** Records shown follows **

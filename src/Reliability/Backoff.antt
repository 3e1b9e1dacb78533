-- ===== src/Reliability/Backoff.antt =====
-- The bounds of the backoff.
use smart_eyes.Base.{
  ℕ, zero, suc, ◌+◌, ◌-◌, ◌*◌, ◌%◌, ◌^◌, ◌≤◌, ◌<◌, min, ◌≡◌, some, arith, ◌||◌, if◌then◌else◌, ltb,
  leb,
}
use native.Mathlib.Nat.{mod-eq_of_lt, pow-suc}
use smart_eyes.Base.Int.{ℤ, pos, negsuc, ltb_ℤ, leb_ℤ, shift_left, increment}
use smart_eyes.Reliability.{Policy, ceiling, draw_bound}

increment_lem : (c : ℕ) → c < 2 ^ 63 - 1 → increment (pos c) ≡ pos (c + 1)
unfolding increment
increment_lem c h = ground arith

-- the cap is never passed, whatever the shift gives
ceiling-le :
    (p : Policy) (attempt m : ℕ) → p.max ≡ pos m → (c : ℕ) × (ceiling p attempt ≡ pos c) × (c ≤ m)
unfolding ceiling
ceiling-le p attempt m e = cap (shift_left p.base attempt)
  where
    cap :
        (z : ℤ)
        → (c : ℕ) × ((if ltb_ℤ p.max z || leb_ℤ z (pos 0) then p.max else z) ≡ pos c) × (c ≤ m)
    cap (pos c) = (if ltb m c || leb c 0 then m else c, ground arith, ground arith)
    cap (negsuc c) = (m, ground arith, omega arith)

-- With a cap that is not negative and not the largest int64, `backoff` does not panic at any
-- attempt, whatever the base, and the delay it draws is at most the cap.
pub draw_bound_lem :
    (p : Policy) (attempt m : ℕ)
    → p.max ≡ pos m
    → m < 2 ^ 63 - 1
    → (c : ℕ) × (ceiling p attempt ≡ pos c) × (draw_bound p attempt ≡ some (c + 1)) × (c ≤ m)
unfolding draw_bound
draw_bound_lem p attempt m e small =
    let (c, ec, le) = ceiling-le p attempt m e in
    (c, ec, rw (ec, increment_lem c (omega arith)) (ground arith), le)

pow_pos : (k : ℕ) → 0 < 2 ^ k
pow_pos zero = omega arith
pow_pos (suc k) = rw pow-suc (omega (arith, pow_pos k))

no_wrap : (b t : ℕ) → 0 < t → b * t < 2 ^ 63 → b % 2 ^ 64 * t % 2 ^ 64 ≡ b * t
no_wrap b t h fits =
    let small : b ≤ b * t = grind arith in
    let kept : b % 2 ^ 64 ≡ b = mod-eq_of_lt (omega arith) in rw kept (mod-eq_of_lt (omega arith))

shift_left_lem : (b k : ℕ) → b * 2 ^ k < 2 ^ 63 → shift_left (pos b) k ≡ pos (b * 2 ^ k)
unfolding shift_left
shift_left_lem b k h = ground (arith, no_wrap b (2 ^ k) (pow_pos k) h)

-- While the shift stays within int64, the cap of the delay before attempt n is what the package
-- comment says, min(Base * 2^n, Max).
pub ceiling_lem :
    (p : Policy) (attempt b m : ℕ)
    → p.base ≡ pos b
    → p.max ≡ pos m
    → 0 < b * 2 ^ attempt
    → b * 2 ^ attempt < 2 ^ 63
    → ceiling p attempt ≡ pos (min (b * 2 ^ attempt) m)
unfolding ceiling
ceiling_lem p attempt b m eb em positive fits =
    rw (eb, em, shift_left_lem b attempt fits) (ground arith)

** End of Records shown **

Problem
The response must hold only the lines above from the line with "pow_pos : (k : ℕ) → 0 < 2 ^ k" through the line with "let kept : b", each copied exactly, both ends kept.

Exercise output
pow_pos : (k : ℕ) → 0 < 2 ^ k
pow_pos zero = omega arith
pow_pos (suc k) = rw pow-suc (omega (arith, pow_pos k))

no_wrap : (b t : ℕ) → 0 < t → b * t < 2 ^ 63 → b % 2 ^ 64 * t % 2 ^ 64 ≡ b * t
no_wrap b t h fits =
    let small : b ≤ b * t = grind arith in
    let kept : b % 2 ^ 64 ≡ b = mod-eq_of_lt (omega arith) in rw kept (mod-eq_of_lt (omega arith))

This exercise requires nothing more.